EXERCISE BRIEF ::
Which lines of the entries contain the string "Bool"? Copy each of them.
[DATA PROVIDED]
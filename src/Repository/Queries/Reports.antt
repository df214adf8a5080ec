-- ===== src/Repository/Queries/Reports.antt =====
-- `query_reports` of src/incident_platform/repository.py: the latest Reports, each with its Markdown.
use mathlib.Core.List.{Perm}
use agent_rca.Prelude.{
  ℕ, String, ◌≡◌, refl, Bool, true, some, zero, suc, List, [], ◌∷◌, All, keep, take, map, arith,
  Bool-cases, Option-cases, inl, inr, ◌==◌, eq_refl,
}
use agent_rca.Outcome.{ok}
use agent_rca.Dict.{Dict, lookup, insert, values, has, lookup-insert}
use agent_rca.Dict.Unique.{sort_by-All}
use agent_rca.Documents.{Report}
use agent_rca.Runtime.{Runtime}
use agent_rca.Sort.{sort_by-perm}
use agent_rca.Sort.Sorted.{IsOrder, IsSorted, sort_by-IsSorted}
use agent_rca.Sort.Pairs.{pair_le_total, pair_le_trans}
use agent_rca.Repository.{Repository, empty, require_incident}
use agent_rca.Repository.Calls.{Call, IsTimed, run, run-Steps}
use agent_rca.Repository.Step.{
  Step, creates, updates, touches, gathers, freezes, publishes, records, Steps, done, step,
}
use agent_rca.Repository.Step.Index.{empty-IsIndexed}
use agent_rca.Repository.Queries.{
  query_reports, validate_query_limit, with_markdown, reports_of, latest_first, within,
}

-- Every stored Report has Markdown under its id.
abbrev HaveMarkdown : Repository → Type 0
HaveMarkdown r = All (λ p. has p.report_id r.report_markdown ≡ true) (values r.reports)

insert-All {ℓ} :
    {V : Type ℓ} (P : V → Type 0) (k : String) (v : V) (d : Dict V)
    → P v
    → All P (values d)
    → All P (values (insert k v d))
unfolding insert
insert-All P k v [] p h = (p, tt)
insert-All P k v ((j, w) ∷ d) p h = elim (Bool-cases (j == k)) [
  | inl e ↦ rw e (p, h.1)
  | inr e ↦ rw e (h.0, insert-All P k v d p h.1)
]

more_markdown :
    (key markdown : String) (d : Dict String) (ps : List Report)
    → All (λ p. has p.report_id d ≡ true) ps
    → All (λ p. has p.report_id (insert key markdown d) ≡ true) ps
more_markdown key markdown d [] h = tt
more_markdown key markdown d (p ∷ ps) h =
    (rw lookup-insert (ground (arith, h.0)), more_markdown key markdown d ps h.1)

Step-HaveMarkdown : {r s : Repository} → Step r s → HaveMarkdown r → HaveMarkdown s
Step-HaveMarkdown (creates _ _ _ _ e) h = rw e h
Step-HaveMarkdown (updates _ _ _ _ _ _ _ _ e) h = rw e h
Step-HaveMarkdown (touches _ _ _ _ _ _ e) h = rw e h
Step-HaveMarkdown (gathers _ _ _ _ _ e) h = rw e h
Step-HaveMarkdown (freezes _ _ _ _ e) h = rw e h
Step-HaveMarkdown {r} (publishes p markdown _ _ _ _ _ e) h = rw e (
    insert-All (λ q. has q.report_id (insert p.report_id markdown r.report_markdown) ≡ true)
      p.report_id p r.reports (rw lookup-insert (ground (arith, eq_refl p.report_id)))
      (more_markdown p.report_id markdown r.report_markdown (values r.reports) h))
Step-HaveMarkdown (records _ _ _ _ _ e) h = rw e h

Steps-HaveMarkdown : {r s : Repository} → Steps r s → HaveMarkdown r → HaveMarkdown s
Steps-HaveMarkdown done h = h
Steps-HaveMarkdown (step x p) h = Steps-HaveMarkdown p (Step-HaveMarkdown x h)

empty-HaveMarkdown : HaveMarkdown empty
unfolding empty
empty-HaveMarkdown = tt

module _ {ℓ} {A : Type ℓ} (P : A → Type 0) where
  keep-All : (p : A → Bool) (xs : List A) → All P xs → All P (keep p xs)
  keep-All p [] h = tt
  keep-All p (x ∷ xs) h = elim (Bool-cases (p x)) [
    | inl e ↦ rw e (h.0, keep-All p xs h.1)
    | inr e ↦ rw e (keep-All p xs h.1)
  ]

  take-All : (n : ℕ) (xs : List A) → All P xs → All P (take n xs)
  take-All zero xs h = tt
  take-All (suc n) [] h = tt
  take-All (suc n) (x ∷ xs) h = (h.0, take-All n xs h.1)

-- The text is the one that stands under the Report's id.
abbrev pub HasText : Dict String → Report × String → Type 0
HasText d (p, text) = lookup p.report_id d ≡ some text

with_markdown_lem :
    (d : Dict String) (ps : List Report)
    → All (λ p. has p.report_id d ≡ true) ps
    → (rows : List (Report × String)) × (with_markdown d ps ≡ ok rows)
      × (map (λ row. row.0) rows ≡ ps)
      × All (HasText d) rows
unfolding with_markdown
with_markdown_lem d [] h = ([], refl, refl, tt)
with_markdown_lem d (p ∷ ps) h = elim (Option-cases (lookup p.report_id d)) [
  | inl e ↦ absurd (ground (arith, h.0))
  | inr (text, e) ↦
      let (rows, q, same, texts) = with_markdown_lem d ps h.1 in
      ((p, text) ∷ rows, rw (e, q) refl, rw same refl, (e, texts))
]

abbrev pub newer_report : Report → Report → Bool
newer_report = latest_first (λ p. (p.generated_at, p.report_id))

newer_report-IsOrder : IsOrder newer_report
newer_report-IsOrder = record {
  total = λ a b. pair_le_total (b.generated_at, b.report_id) (a.generated_at, a.report_id);
  trans = λ a b c h k.
      pair_le_trans (c.generated_at, c.report_id) (b.generated_at, b.report_id)
        (a.generated_at, a.report_id) k h;
}

-- The rows are the first `limit` of the incident's stored Reports, put in order with the latest
-- first, each with the Markdown that is stored under its id.
pub record AreReports (id : String) (limit : ℕ) (r : Repository) (rows : List (Report × String))
    : Type 0 where
  pub whole : List Report
  pub own : Perm whole (keep (λ p. p.incident_id == id) (values r.reports))
  pub ordered : IsSorted newer_report whole
  pub first : map (λ row. row.0) rows ≡ take limit whole
  pub texts : All (HasText r.report_markdown) rows

answered :
    (id : String) (limit : ℕ) (r : Repository) (rows : List (Report × String))
    → within limit 51 ≡ true
    → has id r.incidents ≡ true
    → with_markdown r.report_markdown (take limit (reports_of id r)) ≡ ok rows
    → query_reports id limit r ≡ (ok rows, r)
unfolding query_reports validate_query_limit require_incident
answered id limit r rows fits there q = elim (Option-cases (lookup id r.incidents)) [
  | inl e ↦ absurd (ground arith)
  | inr (i, e) ↦ rw (fits, e, q) refl
]

-- After any calls that give creation a time with a timezone, the query of a known incident's Reports,
-- for a limit from 1 to 51, returns: it gives the first `limit` of that incident's stored Reports,
-- put in order with the latest first, each with the Markdown that is stored under its id.
pub query_reports_returns :
    (rt : Runtime) (cs : List Call) (id : String) (limit : ℕ)
    → All IsTimed cs
    → within limit 51 ≡ true
    → has id (run rt cs empty).incidents ≡ true
    → (rows : List (Report × String)) × (query_reports id limit (run rt cs empty)
        ≡ (ok rows, run rt cs empty))
      × AreReports id limit (run rt cs empty) rows
query_reports_returns rt cs id limit timed fits there =
    let r = run rt cs empty in
    let all = Steps-HaveMarkdown (run-Steps rt cs empty timed empty-IsIndexed) empty-HaveMarkdown in
    let mine = keep (λ p. p.incident_id == id) (values r.reports) in
    let listed =
      take-All (λ p. has p.report_id r.report_markdown ≡ true) limit (reports_of id r)
        (sort_by-All newer_report (λ p. has p.report_id r.report_markdown ≡ true) mine
          (keep-All (λ p. has p.report_id r.report_markdown ≡ true) (λ p. p.incident_id == id)
            (values r.reports) all)) in
    let (rows, q, same, texts) =
      with_markdown_lem r.report_markdown (take limit (reports_of id r)) listed in
    (
      rows,
      answered id limit r rows fits there q,
      record {
        whole = reports_of id r;
        own = sort_by-perm newer_report mine;
        ordered = sort_by-IsSorted newer_report newer_report-IsOrder mine;
        first = same;
        texts = texts;
      },
    )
[/DATA PROVIDED]
ANSWER BELOW ::
  ℕ, String, ◌≡◌, refl, Bool, true, some, zero, suc, List, [], ◌∷◌, All, keep, take, map, arith,
  Bool-cases, Option-cases, inl, inr, ◌==◌, eq_refl,
insert-All P k v ((j, w) ∷ d) p h = elim (Bool-cases (j == k)) [
  keep-All : (p : A → Bool) (xs : List A) → All P xs → All P (keep p xs)
  keep-All p (x ∷ xs) h = elim (Bool-cases (p x)) [
abbrev pub newer_report : Report → Report → Bool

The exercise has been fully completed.